Schulerweiterung: Kein Anbau auf der Mensa

Lübecker Nachrichten   26.09.2018

Von Dorothea von Dahlen

Die Argumente zum Anbau der Oldesloer Ida-Ehre-Schule schienen ausgetauscht. Die FDP schlug dann plötzlich eine andere Variante vor.

Die Ida-Ehre-Schule in Bad Oldesloe mit angrenzendem Mensagebäude auf der rechten Seite. foto: archiv

Bad Oldesloe. Eigentlich schien alles klar. Zwei Fachgremien hatten sich bereits mit der akuten Raumnot der Ida-Ehre-Schule befasst und die von einem Planungsbüro vorgestellten Varianten für eine Erweiterung durchgespielt und bewertet. In beiden Fällen stieß ein Neubau nördlich des bestehenden Schultraktes (Variante B) auf Zustimmung. Doch im entscheidenden letzten Schritt schien alles ins Stocken zu geraten. Die Freidemokraten äußerten große Bedenken, dass sich diese Lösung in mehrfacher Hinsicht nachteilig für die Stadt auswirken könne.

„Wir sehen darin die Schwierigkeit, dass eine Fläche, die eigentlich als Standort für eine Wohnbebauung vorgesehen war, jetzt nicht mehr zur Verfügung stehen soll. Und noch größere Bauchschmerzen habe ich damit, dass das mögliche Aufstocken der Mensa nicht genutzt wird“, sagte Anita Klahn (FDP). Dies sei alles andere als ein verantwortungsvoller Umgang mit Geld. Denn die Statik des Kantinengebäudes sei seinerzeit extra so bemessen worden, dass später ein voll nutzbares Geschoss aufgesetzt werden könne. „Ich halte den Raumbedarf für nötig, aber der Standort ist für mich mit großem Fragezeichen versehen“, erklärte die Liberale und beantragte, letzteren Punkt separat abzustimmen.

Das mochten Vertreter anderer Fraktionen so nicht stehen lassen. „Ich bin etwas irritiert.
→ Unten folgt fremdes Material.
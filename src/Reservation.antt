-- ===== src/Reservation.antt =====
-- Which record reserves an asset: the queries that app/services/shipment_service.py,
-- app/services/deployment_service.py and app/services/inventory_service.py share or repeat.
pub mod AutoAssign
pub mod Exclusive
pub mod Reserve
use feature_asset_inventory.Base.{
  ℕ, String, Bool, true, false, ◌&&◌, ◌||◌, not, Option, none, some, List, ◌==◌, str_eq, opt_eq,
  any, first, is_none, is_some,
}
use Reserve.{Reserving, lists}
use feature_asset_inventory.Store.{Store}
use feature_asset_inventory.Store.Types.{
  DeploymentStatus, is_open, is_final, is_planning, is_in_progress, is_warehouse,
}
use feature_asset_inventory.Store.Table.{get_row}
use feature_asset_inventory.Store.Rows.{
  Asset, Shipment, ShipmentItem, Deployment, DeploymentItem, location_row, shipment_row,
  deployment_row,
}

-- `Shipment.resolution == "open"` and not delivered or in exception.
abbrev pub is_shipment_active : Shipment → Bool
is_shipment_active s = is_open s.resolution && not (is_final s.carrier_status)

abbrev pub is_active_status : DeploymentStatus → Bool
is_active_status st = is_planning st || is_in_progress st

abbrev pub is_deployment_active : Deployment → Bool
is_deployment_active d = is_active_status d.status

-- Shipments and deployments as records that reserve assets, and their joins with the items.
abbrev pub by_shipment : Reserving Shipment ShipmentItem
by_shipment = record {
  is_active = is_shipment_active;
  owner = λ i. i.shipment_id;
  asset = λ i. i.asset_id;
}

abbrev pub by_deployment : Reserving Deployment DeploymentItem
by_deployment = record {
  is_active = is_deployment_active;
  owner = λ i. i.deployment_id;
  asset = λ i. i.asset_id;
}

abbrev pub on_shipment : List ShipmentItem → ℕ → ℕ → Bool
on_shipment = lists by_shipment

abbrev pub on_deployment : List DeploymentItem → ℕ → ℕ → Bool
on_deployment = lists by_deployment

-- `.where(Model.id != exclude)`, added where an id to exclude is given.
abbrev pub not_excluded : ℕ → Option ℕ → Bool
not_excluded id exclude = elim exclude [ none ↦ true | some e ↦ not (id == e) ]

unfoldable pub other_active_shipment_for_asset : Store → ℕ → Option ℕ → Option Shipment
other_active_shipment_for_asset db asset_id exclude =
    first
      (λ s.
        on_shipment db.shipment_items s.id asset_id
        && is_shipment_active s
        && not_excluded s.id exclude)
      db.shipments

unfoldable pub active_deployment_for_asset : Store → ℕ → Option ℕ → Option Deployment
active_deployment_for_asset db asset_id exclude =
    first
      (λ d.
        on_deployment db.deployment_items d.id asset_id
        && is_deployment_active d
        && not_excluded d.id exclude)
      db.deployments

-- `Shipment.deployment_id IS NULL OR Shipment.deployment_id != exclude`
abbrev pub not_of_deployment : Shipment → Option ℕ → Bool
not_of_deployment s exclude = elim exclude [
  | none ↦ true
  | some d ↦ not (opt_eq s.deployment_id (some d))
]

unfoldable pub active_shipment_for_asset : Store → ℕ → Option ℕ → Option Shipment
active_shipment_for_asset db asset_id exclude =
    first
      (λ s.
        on_shipment db.shipment_items s.id asset_id
        && is_shipment_active s
        && not_of_deployment s exclude)
      db.shipments

-- The subqueries of reserved asset ids.
unfoldable pub reserved_by_shipment : Store → ℕ → Bool
reserved_by_shipment db asset_id =
    any
      (λ i. i.asset_id == asset_id && elim (get_row i.shipment_id db.shipments) [
        | none ↦ false
        | some s ↦ is_shipment_active s
      ])
      db.shipment_items

unfoldable pub reserved_by_deployment : Store → ℕ → Bool
reserved_by_deployment db asset_id =
    any
      (λ i. i.asset_id == asset_id && elim (get_row i.deployment_id db.deployments) [
        | none ↦ false
        | some d ↦ is_deployment_active d
      ])
      db.deployment_items

-- `_STOCK_UPNS`: accounts that mean that nobody has the asset.
abbrev pub is_stock : Option String → Bool
is_stock none = true
is_stock (some upn) = str_eq upn "join@hv.ltd"

-- The outer join with `locations`: the asset has no location, or one of type warehouse.
abbrev pub at_warehouse : Store → Asset → Bool
at_warehouse db a = elim a.location_id [
  | none ↦ true
  | some l ↦ elim (get_row l db.locations) [ none ↦ false | some loc ↦ is_warehouse loc.type ]
]

unfoldable pub available_clauses : Store → Asset → Bool
available_clauses db a =
    str_eq a.status_code "active" && is_stock a.assigned_upn && at_warehouse db a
Wie wir bereits vom Planungsbüro gehört haben, steht fest, dass der Platz oben auf der Mensa nicht ausreicht“, sagte etwa Hajo Krage (SPD). Unter dem Aspekt, dass das Platzproblem dann immer noch nicht gelöst sei, halte er es für wenig sinnvoll, während der Bauphase auch noch die Mensa für eineinhalb Jahre zu sperren. Seine Fraktion habe sich deshalb der fachlich begründeten Meinung der Verwaltung und auch der Schule angeschlossen.

Gegenwind erfuhr Klahn auch von den Grünen. „Wir halten das nicht für Ziel führend. Abgesehen davon, dass die Größe der Mensa nicht ausreicht, ist das freie Grundstück ein optimaler Standort, weil er in räumlicher Beziehung zum anderen Schulgebäude steht“, plädierte auch Wilfried Janson für die Variante B. Die Mensa lasse sich vielleicht zu einem späteren Zeitpunkt aufstocken. Die Stadt könne froh sein, wenn sie in fünf bis zehn Jahren noch Reserven habe. Hinzu komme, dass die Schulerweiterungsbau in keiner Weise mit einer Wohnbebauung in Konflikt stehe. Laut dem Planungsbüro lasse sich der Baukörper so in das Grundstück einfügen, dass noch genug Platz für neue Häuser bestehe.

Schützenhilfe bekam Anita Klahn von Andreas Lehmann (CDU). Er machte geltend, dass eine hervorragende Innenstadtfläche mit einer Schulbebauung blockiert werde. „Dieses Entwicklungspotenzial sollten wir uns nicht nehmen lassen“, sagte er und schlug vor, das Thema erneut in die Fachausschüsse zu verweisen. Tom Winter von der Familienpartei monierte wiederum, dass ein großer Bogen um die Festhalle gemacht werde, wobei sich auch dieser Standort für eine Erweiterung eigne. „Es scheint eine heilige Kuh zu sein. Andererseits sehen wir den dringenden Bedarf bei der Schule und werden Zähne knirschend zustimmen“, sagte er.

Die FDP scheiterte letztlich mit ihrem Antrag. Die Mehrheit der Stadtverordneten folgten der Empfehlung der beiden Fachausschüsse und votierte für die Variante B.